In the entries below, every line with the string "steps" is to be reported.

--- Input data Enclosed Below ---

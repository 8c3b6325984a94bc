-- ===== src/Handlers/Apart.antt =====
-- Which BLOB and which file a handler works on, in every interleaving of handlers and calls.
use data_relay_grpc.Base.{
  ℕ, ◌+◌, ◌≤◌, ◌<◌, ◌≡◌, refl, sym, ◌∙◌, ◌⊎◌, inl, inr, Bool, true, false, List, [], ◌∷◌, arith,
  Option-cases, Bool-cases, if◌then◌else◌,
}
use data_relay_grpc.OrderedMap.{find}
use data_relay_grpc.Text.{text}
use data_relay_grpc.FileSystem.{FilePath}
use data_relay_grpc.SessionStore
use data_relay_grpc.SessionStore.{SessionStore, word}
use data_relay_grpc.SessionStore.Usage.{create_blob_file-injective}
use data_relay_grpc.Session.{create_blob_file}
use data_relay_grpc.Upload.{size_matches}
use data_relay_grpc.Upload.Storage.{next_id, created_call}
use data_relay_grpc.Manager.{Server, with_session}
use data_relay_grpc.Outcome.{Exception, is_out_of_range, Outcome, returns, throws, undefined}
use data_relay_grpc.Relay.{PutMetadata, PutStreamingRequest, chunk}
use data_relay_grpc.Handlers.{
  Phase, starting, creating, opening, reading, writing, exhausting, discarding, tagging, ended,
  thrown, crashed, raised, next_phase, opened_phase, reserved_phase,
}

abbrev pub upload_file : SessionStore → ℕ → FilePath
upload_file st bid = SessionStore.create_blob_file st bid (text "upload")

-- The handler works on the BLOB, or removes its file.
abbrev pub Owns : SessionStore → ℕ → Phase → Type 0
Owns st b (opening m rs bid path) = bid ≡ b
Owns st b (reading m rs bid path total) = bid ≡ b
Owns st b (writing m rs bid path total bytes) = bid ≡ b
Owns st b (exhausting m bid) = bid ≡ b
Owns st b (tagging m bid) = bid ≡ b
Owns st b (discarding path) = path ≡ upload_file st b
Owns st b _ = ⊥

-- The handler's BLOB has got its id from the counter, and its file is named by the id.
abbrev pub IsNamed : SessionStore → ℕ → Phase → Type 0
IsNamed st n (opening m rs bid path) = (bid ≤ n) × (path ≡ upload_file st bid)
IsNamed st n (reading m rs bid path total) = (bid ≤ n) × (path ≡ upload_file st bid)
IsNamed st n (writing m rs bid path total bytes) = (bid ≤ n) × (path ≡ upload_file st bid)
IsNamed st n (exhausting m bid) = bid ≤ n
IsNamed st n (tagging m bid) = bid ≤ n
IsNamed st n (discarding path) = (b : ℕ) × (b ≤ n) × (path ≡ upload_file st b)
IsNamed st n _ = Unit

upload_file_same :
    (st st' : SessionStore) (b : ℕ)
    → st'.directory ≡ st.directory
    → upload_file st' b ≡ upload_file st b
unfolding SessionStore.create_blob_file
upload_file_same st st' b e = rw e refl

pub IsNamed-moves :
    (st st' : SessionStore) (n n' : ℕ) (p : Phase)
    → st'.directory ≡ st.directory
    → n ≤ n'
    → IsNamed st n p
    → IsNamed st' n' p
IsNamed-moves st st' n n' (starting m rs) e le k = tt
IsNamed-moves st st' n n' (creating m rs) e le k = tt
IsNamed-moves st st' n n' (opening m rs bid path) e le k =
    (omega (arith, k.0), k.1 ∙ sym (upload_file_same st st' bid e))
IsNamed-moves st st' n n' (reading m rs bid path total) e le k =
    (omega (arith, k.0), k.1 ∙ sym (upload_file_same st st' bid e))
IsNamed-moves st st' n n' (writing m rs bid path total bytes) e le k =
    (omega (arith, k.0), k.1 ∙ sym (upload_file_same st st' bid e))
IsNamed-moves st st' n n' (exhausting m bid) e le k = omega arith
IsNamed-moves st st' n n' (tagging m bid) e le k = omega arith
IsNamed-moves st st' n n' (discarding path) e le (b, under, at) =
    (b, omega arith, at ∙ sym (upload_file_same st st' b e))
IsNamed-moves st st' n n' (ended r) e le k = tt
IsNamed-moves st st' n n' (thrown x) e le k = tt
IsNamed-moves st st' n n' crashed e le k = tt

pub Owns-moves :
    (st st' : SessionStore) (b : ℕ) (p : Phase)
    → st'.directory ≡ st.directory
    → Owns st' b p
    → Owns st b p
Owns-moves st st' b (starting m rs) e w = w
Owns-moves st st' b (creating m rs) e w = w
Owns-moves st st' b (opening m rs bid path) e w = w
Owns-moves st st' b (reading m rs bid path total) e w = w
Owns-moves st st' b (writing m rs bid path total bytes) e w = w
Owns-moves st st' b (exhausting m bid) e w = w
Owns-moves st st' b (tagging m bid) e w = w
Owns-moves st st' b (discarding path) e w = w ∙ upload_file_same st st' b e
Owns-moves st st' b (ended r) e w = w
Owns-moves st st' b (thrown x) e w = w
Owns-moves st st' b crashed e w = w

-- what a handler keeps as it goes from one phase to the next
abbrev pub Passes : SessionStore → ℕ → ℕ → Phase → Phase → Type 0
Passes st n n' p q = IsNamed st n' q × ((b : ℕ) → Owns st b q → Owns st b p ⊎ ((n < b) × (b ≤ n')))

pub IsNamed-Owns : (st : SessionStore) (n b : ℕ) (p : Phase) → IsNamed st n p → Owns st b p → b ≤ n
IsNamed-Owns st n b (starting m rs) k w = absurd w
IsNamed-Owns st n b (creating m rs) k w = absurd w
IsNamed-Owns st n b (opening m rs bid path) (le, at) w = omega (arith, w)
IsNamed-Owns st n b (reading m rs bid path total) (le, at) w = omega (arith, w)
IsNamed-Owns st n b (writing m rs bid path total bytes) (le, at) w = omega (arith, w)
IsNamed-Owns st n b (exhausting m bid) le w = omega (arith, w)
IsNamed-Owns st n b (tagging m bid) le w = omega (arith, w)
IsNamed-Owns st n b (discarding path) (c, le, at) w =
    let same = create_blob_file-injective st (text "upload") c b (sym at ∙ w) in omega arith
IsNamed-Owns st n b (ended r) k w = absurd w
IsNamed-Owns st n b (thrown x) k w = absurd w
IsNamed-Owns st n b crashed k w = absurd w

raised-Passes :
    (st : SessionStore) (n n' : ℕ) (p : Phase) (x : Exception) → Passes st n n' p (raised x)
raised-Passes st n n' p x = elim (Bool-cases (is_out_of_range x)) [
  | inl range ↦ rw range (tt, (λ b w. absurd w))
  | inr other ↦ rw other (tt, (λ b w. absurd w))
]

pub next_phase-Passes :
    {A : Type 0} (st : SessionStore) (n n' : ℕ) (p : Phase) (k : A → Phase) (r : Outcome A × Server)
    → ((a : A) → Passes st n n' p (k a))
    → Passes st n n' p (next_phase k r).0
next_phase-Passes st n n' p k (returns a, s) h = h a
next_phase-Passes st n n' p k (throws x, s) h = raised-Passes st n n' p x
next_phase-Passes st n n' p k (undefined, s) h = (tt, (λ b w. absurd w))

pub creating-Passes :
    (m : PutMetadata) (rs : List PutStreamingRequest) (s : Server)
    → s.blob_id + 1 < word
    → Passes s.store s.blob_id
        (with_session m.session_id (create_blob_file (text "upload")) s).1.blob_id
        (creating m rs)
        (next_phase
          (opened_phase m rs)
          (with_session m.session_id (create_blob_file (text "upload")) s)).0
unfolding with_session
creating-Passes m rs s fits = elim (Option-cases (find m.session_id s.blob_sessions)) [
  | inl gone ↦ rw (gone, with_session) (tt, (λ b w. absurd w))
  | inr (impl, there) ↦
      let e : next_id s ≡ s.blob_id + 1 = omega arith in
      rw (created_call m.session_id impl s there)
        ((omega arith, refl), (λ b w. inr (omega (arith, w, e), omega (arith, w, e))))
]

pub reserved-Passes :
    (st : SessionStore) (n : ℕ) (m : PutMetadata) (rs : List PutStreamingRequest) (bid : ℕ)
    (path : FilePath) (total : ℕ) (bytes : List ℕ) (granted : Bool)
    → IsNamed st n (reading m (chunk bytes ∷ rs) bid path total)
    → Passes st n n
        (reading m (chunk bytes ∷ rs) bid path total)
        (reserved_phase m rs bid path total bytes granted)
reserved-Passes st n m rs bid path total bytes true k = (k, (λ b w. inl w))
reserved-Passes st n m rs bid path total bytes false (le, at) = (le, (λ b w. inl w))

pub end-Passes :
    (st : SessionStore) (n : ℕ) (m : PutMetadata) (bid : ℕ) (path : FilePath) (total : ℕ)
    → IsNamed st n (reading m [] bid path total)
    → Passes st n n
        (reading m [] bid path total)
        (if size_matches m.blob_size total then tagging m bid else discarding path)
end-Passes st n m bid path total (le, at) = elim (Bool-cases (size_matches m.blob_size total)) [
  | inl fits ↦ rw fits (le, (λ b w. inl w))
  | inr differs ↦ rw differs (
    (bid, le, at),
    (λ b w. inl (create_blob_file-injective st (text "upload") bid b (sym at ∙ w))),
  )
]
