-- ===== src/Handlers/Ending.antt =====
-- A handler comes to its end, whatever the other handlers and the calls of the library do between
-- its steps.
use data_relay_grpc.Base.{
  ℕ, ◌+◌, ◌-◌, ◌*◌, ◌≤◌, ◌≡◌, refl, Bool, true, false, List, [], ◌∷◌, inl, inr, arith, length,
  Bool-cases, Option-cases, if◌then◌else◌,
}
use data_relay_grpc.OrderedMap.{find}
use data_relay_grpc.FileSystem.{FilePath, open_output, remove}
use data_relay_grpc.TagGenerator.{OpenSsl}
use data_relay_grpc.Text.{text}
use data_relay_grpc.Session.{SessionImpl, create_blob_file, reserve_session_store, delete_blob_file}
use data_relay_grpc.Manager.{Server, compute_tag, get_session_impl, with_session}
use data_relay_grpc.Outcome.{Exception, is_out_of_range, Outcome, returns, throws, undefined}
use data_relay_grpc.Relay.{
  PutMetadata, PutStreamingRequest, metadata, chunk, not_set, check_api_version,
}
use data_relay_grpc.Upload.{refused, exhausted, size_matches}
use data_relay_grpc.Handlers.{
  Phase, starting, creating, opening, reading, writing, exhausting, discarding, tagging, ended,
  thrown, crashed, raised, next_phase, opened_phase, reserved_phase, accept, answered, tag_step,
  open_step, discard_step, step,
}

abbrev pub finished : Phase → Bool
finished (ended r) = true
finished (thrown x) = true
finished crashed = true
finished _ = false

-- the phases of a handler whose steps find the given servers
unfoldable pub walk : OpenSsl → Phase → List Server → Phase
walk o p [] = p
walk o p (s ∷ ss) = walk o (step o p s).0 ss

-- the most steps that a handler still takes
abbrev left : Phase → ℕ
left (starting m rs) = 2 * length rs + 5
left (creating m rs) = 2 * length rs + 4
left (opening m rs bid path) = 2 * length rs + 3
left (reading m rs bid path total) = 2 * length rs + 2
left (writing m rs bid path total bytes) = 2 * length rs + 3
left (exhausting m bid) = 1
left (discarding path) = 1
left (tagging m bid) = 1
left (ended r) = 0
left (thrown x) = 0
left crashed = 0

left-raised : (x : Exception) → left (raised x) ≡ 0
left-raised x = elim (Bool-cases (is_out_of_range x)) [
  | inl range ↦ rw range refl
  | inr other ↦ rw other refl
]

left-next_phase :
    {A : Type 0} (n : ℕ) (k : A → Phase) (r : Outcome A × Server)
    → ((a : A) → left (k a) ≤ n)
    → left (next_phase k r).0 ≤ n
left-next_phase n k (returns a, s) h = h a
left-next_phase n k (throws x, s) h = omega (arith, left-raised x)
left-next_phase n k (undefined, s) h = omega arith

left-open_step :
    (m : PutMetadata) (rs : List PutStreamingRequest) (bid : ℕ) (path : FilePath) (s : Server)
    → left (open_step m rs bid path s).0 ≤ 2 * length rs + 2
unfolding open_step
left-open_step m rs bid path s = elim (Option-cases (open_output s.file_system path)) [
  | inl shut ↦ rw (shut, open_step) (omega arith)
  | inr (fs, opens) ↦ rw (opens, open_step) (omega arith)
]

left-discard_step : (path : FilePath) (s : Server) → left (discard_step path s).0 ≤ 0
unfolding discard_step
left-discard_step path s = elim (Option-cases (remove s.file_system path)) [
  | inl stuck ↦ rw (stuck, discard_step) (omega arith)
  | inr (fs, done) ↦ rw (done, discard_step) (omega arith)
]

left-tag_step :
    (o : OpenSsl) (m : PutMetadata) (bid : ℕ) (s : Server) → left (tag_step o m bid s).0 ≤ 0
unfolding tag_step
left-tag_step o m bid s = elim (Option-cases (find m.session_id s.blob_sessions)) [
  | inl gone ↦ rw (gone, tag_step) (omega arith)
  | inr (impl, there) ↦
      rw (there, tag_step)
        (left-next_phase 0 (answered bid) (compute_tag o bid impl s.manager, s)
          (λ tag. omega arith))
]

left-reserved_phase :
    (m : PutMetadata) (rs : List PutStreamingRequest) (bid : ℕ) (path : FilePath) (total : ℕ)
    (bytes : List ℕ) (granted : Bool)
    → left (reserved_phase m rs bid path total bytes granted) ≤ 2 * length rs + 3
left-reserved_phase m rs bid path total bytes true = omega arith
left-reserved_phase m rs bid path total bytes false = omega arith

left_at_end :
    (m : PutMetadata) (bid : ℕ) (path : FilePath) (fits : Bool)
    → left (if fits then tagging m bid else discarding path) ≤ 1
left_at_end m bid path true = omega arith
left_at_end m bid path false = omega arith

left-step : (o : OpenSsl) (p : Phase) (s : Server) → left (step o p s).0 ≤ left p - 1
unfolding step
left-step o (starting m rs) s =
    let le =
      left-next_phase (2 * length rs + 4) (λ (_ : SessionImpl). creating m rs)
        (get_session_impl m.session_id s.manager, s) (λ a. omega arith) in
    omega (arith, le)
left-step o (creating m rs) s =
    let le =
      left-next_phase (2 * length rs + 3) (opened_phase m rs)
        (with_session m.session_id (create_blob_file (text "upload")) s)
        (λ (bid, path). omega arith) in
    omega (arith, le)
left-step o (opening m rs bid path) s = omega (arith, left-open_step m rs bid path s)
left-step o (reading m [] bid path total) s =
    omega (arith, left_at_end m bid path (size_matches m.blob_size total))
left-step o (reading m (chunk bytes ∷ rs) bid path total) s =
    let le =
      left-next_phase (2 * length rs + 3) (reserved_phase m rs bid path total bytes)
        (with_session m.session_id (reserve_session_store bid (length bytes)) s)
        (left-reserved_phase m rs bid path total bytes) in
    omega (arith, le)
left-step o (reading m (metadata _ ∷ rs) bid path total) s = omega arith
left-step o (reading m (not_set ∷ rs) bid path total) s = omega arith
left-step o (writing m rs bid path total bytes) s = omega arith
left-step o (exhausting m bid) s =
    let le =
      left-next_phase 0 (λ (_ : Unit {0}). ended (refused exhausted))
        (with_session m.session_id (delete_blob_file bid) s) (λ a. omega arith) in
    omega (arith, le)
left-step o (discarding path) s = omega (arith, left-discard_step path s)
left-step o (tagging m bid) s = omega (arith, left-tag_step o m bid s)
left-step o (ended r) s = omega arith
left-step o (thrown x) s = omega arith
left-step o crashed s = omega arith

left-walk : (o : OpenSsl) (ss : List Server) (p : Phase) → left (walk o p ss) ≤ left p - length ss
unfolding walk
left-walk o [] p = omega arith
left-walk o (s ∷ ss) p = omega (arith, left-walk o ss (step o p s).0, left-step o p s)

left-finished : (p : Phase) → left p ≤ 0 → finished p ≡ true
left-finished (starting m rs) le = absurd (omega arith)
left-finished (creating m rs) le = absurd (omega arith)
left-finished (opening m rs bid path) le = absurd (omega arith)
left-finished (reading m rs bid path total) le = absurd (omega arith)
left-finished (writing m rs bid path total bytes) le = absurd (omega arith)
left-finished (exhausting m bid) le = absurd (omega arith)
left-finished (discarding path) le = absurd (omega arith)
left-finished (tagging m bid) le = absurd (omega arith)
left-finished (ended r) le = refl
left-finished (thrown x) le = refl
left-finished crashed le = refl

left-accept : (rs : List PutStreamingRequest) → left (accept rs) ≤ 2 * length rs + 3
unfolding accept
left-accept [] = omega arith
left-accept (chunk bytes ∷ rs) = omega arith
left-accept (not_set ∷ rs) = omega arith
left-accept (metadata m ∷ rs) = elim (Bool-cases (check_api_version m.api_version)) [
  | inl old ↦ rw old (omega arith)
  | inr new ↦ rw new (omega arith)
]

-- An upload takes at most two steps for a request and three more to its end, whatever the servers
-- are that its steps find, that is, whatever other handlers and calls do between them.
pub walk-accept :
    (o : OpenSsl) (rs : List PutStreamingRequest) (ss : List Server)
    → 2 * length rs + 3 ≤ length ss
    → finished (walk o (accept rs) ss) ≡ true
walk-accept o rs ss enough =
    left-finished (walk o (accept rs) ss)
      (omega (arith, left-walk o ss (accept rs), left-accept rs))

--- End of Enclosed Input data ---

Output for this exercise
-- its steps.
-- the phases of a handler whose steps find the given servers
-- the most steps that a handler still takes
-- An upload takes at most two steps for a request and three more to its end, whatever the servers
-- are that its steps find, that is, whatever other handlers and calls do between them.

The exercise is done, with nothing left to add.